Wednesday, November 08, 2000
Little Miami school levy fails
By Jennifer Mrozowski
The Cincinnati Enquirer
LEBANON Little Miami Schools' attempt for a 0.75 percent districtwide income tax failed Tuesday.
The vote was 5,643 against the tax to 2,096 in favor of the tax in official final results.
The school district tried to buck the traditional taxing system by asking for an income tax instead of a property tax levy to pay for the schools' operating costs. Superintendent Ralph Shell had fielded numerous calls from voters when he sent out letters to the community detailing the income tax proposal.
Tuesday night the superintendent said, The board of education will have a great deal of discussion and decide what to do.
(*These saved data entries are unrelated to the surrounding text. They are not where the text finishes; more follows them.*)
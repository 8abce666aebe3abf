-- ===== src/Kcp/Receiving/Unwrapped.antt =====
-- Reading while the numbers have not wrapped round: the next number counts the payloads read.
use mathlib.Core.Path.{subst}
use gzv2ray_v.Buf.{MultiBuffer, bytes}
use gzv2ray_v.Prelude.{
  ℕ, zero, suc, true, inl, inr, arith, [], Option-cases, ◌∷◌, List, ◌<◌, ◌^◌, ◌++◌, length, ◌≡◌,
  append-nil, ◌≤◌, ◌∙◌, sym, ap,
}
use gzv2ray_v.Prelude.Dict.{lookup, delete, length-delete-lt}
use gzv2ray_v.Kcp.Go.{add_u32}
use gzv2ray_v.Kcp.ReceivingWindow.{ReceivingWindow, has}
use gzv2ray_v.Kcp.Receiving.{ReceivingWorker, drain, read_multi_buffer, read, MultiBuffer}
use gzv2ray_v.Kcp.Receiving.Drain.{stream, IsFrom, drain_stop, drain_step, read_next, delete-IsFrom}
use gzv2ray_v.Kcp.Receiving.Stream.{
  InOrder, read_multi_buffer-ReadsOn, split_read, read-split_read, drained, split_read-InOrder,
  read_multi_buffer_drain, read_multi_buffer_left,
}
use gzv2ray_v.Kcp.Receiving.Received.{
  IsWithin, has-lookup, has-delete, read_multi_buffer-Keeps, split_read-same,
}

module _ (sent : ℕ → List ℕ) (p : List ℕ) (hi : ℕ) (u : hi < 2 ^ 32) where
  drain-stream :
      (fuel : ℕ) (window : ReceivingWindow) (next : ℕ) (mb : MultiBuffer)
      → length window < fuel
      → ((n : ℕ) → has window n ≡ true → n < hi)
      → next ≤ hi
      → IsFrom sent window
      → p ++ bytes mb ≡ stream sent next
      → p ++ bytes (drain fuel window next mb).2 ≡ stream sent (drain fuel window next mb).1
  drain-stream zero window next mb l b le f h = absurd (omega arith)
  drain-stream (suc fuel) window next mb l b le f h = elim (Option-cases (lookup next window)) [
    | inl gone ↦ rw (drain_stop fuel window next mb gone) h
    | inr (seg, here) ↦
        let low = b next (has-lookup window next seg here) in
        rw (drain_step fuel window next mb seg here) (
          drain-stream fuel (delete next window) (add_u32 next 1) (mb ++ (seg.payload ∷ []))
            (omega (arith, length-delete-lt next window seg here))
            (λ n k. ground (arith, has-delete window next n, b n)) (omega arith)
            (delete-IsFrom sent window next f)
            (read_next sent p next next mb seg.payload (omega arith) h (f next seg here)
              ∙ ap (stream sent) {x = suc next} {y = add_u32 next 1} (omega arith)))
  ]

module _ (sent : ℕ → List ℕ) (hi : ℕ) (got : List ℕ) (w : ReceivingWorker) (u : hi < 2 ^ 32)
    (v : IsWithin hi w) (h : InOrder sent w.next_number got w) where
  read_multi_buffer-stream :
      let (w', mb) = read_multi_buffer w in got ++ bytes mb ≡ stream sent w'.next_number
  unfolding drained bytes
  read_multi_buffer-stream = elim (Option-cases w.left_over) [
    | inl e ↦ rw (read_multi_buffer_drain w e) (
        drain-stream sent got hi u (suc (length w.window)) w.window w.next_number [] (omega arith)
          v.held v.read_le h.from (rw e at h.delivered))
    | inr (mb, e) ↦ rw (read_multi_buffer_left w mb e) (rw e at h.delivered)
  ]

  pub read_multi_buffer-InOrder :
      let (w', mb) = read_multi_buffer w in InOrder sent w'.next_number (got ++ bytes mb) w'
  read_multi_buffer-InOrder =
      let r = read_multi_buffer-ReadsOn sent w.next_number got w h in
      let k = read_multi_buffer-Keeps hi w u v in
      record {
        next = omega (arith, k.bounded);
        from = r.in_order.from;
        delivered =
            rw r.nothing_left
              (append-nil (got ++ bytes (read_multi_buffer w).1) ∙ read_multi_buffer-stream);
      }

  pub read-InOrder_exact :
      (n : ℕ) → InOrder sent (read w n).0.next_number (got ++ (read w n).1) (read w n).0
  read-InOrder_exact n =
      let w1 = (read_multi_buffer w).0 in
      let mb = (read_multi_buffer w).1 in
      let r = read_multi_buffer-ReadsOn sent w.next_number got w h in
      let s = split_read-same w1 mb n in
      let i =
        split_read-InOrder sent w1.next_number got w1 mb read_multi_buffer-InOrder r.nothing_left
          n in
      rw (read-split_read w n) (
        subst (λ k. InOrder sent k (got ++ (split_read w1 mb n).1) (split_read w1 mb n).0) (sym s.0)
          i)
The income tax would have generated an estimated $2.3 million a year.
Mr. Shell had touted the income tax as an inflation-proof way to pay for schools.
Property tax levies do not rise with inflation, Mr. Shell said, leaving school officials to juggle increasing operating costs every year against the same property tax revenue as the first year a levy was passed.
For example, Little Miami's last emergency operating levy was renewed in 1997 for $930,000 annually. Year in and year out, or until a new levy is passed, that levy can generate only the same amount in local taxes $930,000.
If the income tax proposal had passed, the school board had pledged to reduce by half the collection of that $930,000 emergency operating levy in that levy's final year, and to not ask for re newal of the levy after it expires in December 2002.
Revenue that would not have been taxed under the income tax proposal would have included: Social Security benefits; disability and survivor's benefits; railroad and retirement benefits; welfare benefits; child support; property received as a gift, bequest or inheritance; and workers' compensation.
The income tax would not have applied to people who work in the district but live elsewhere. But it would have applied to renters, unlike property tax levies.
Failure of the tax means the school board will ask for a renewal of the operating levy in 2002 as well as a levy increase, Mr. Shell has said. Or the board might try again for an income tax, he said.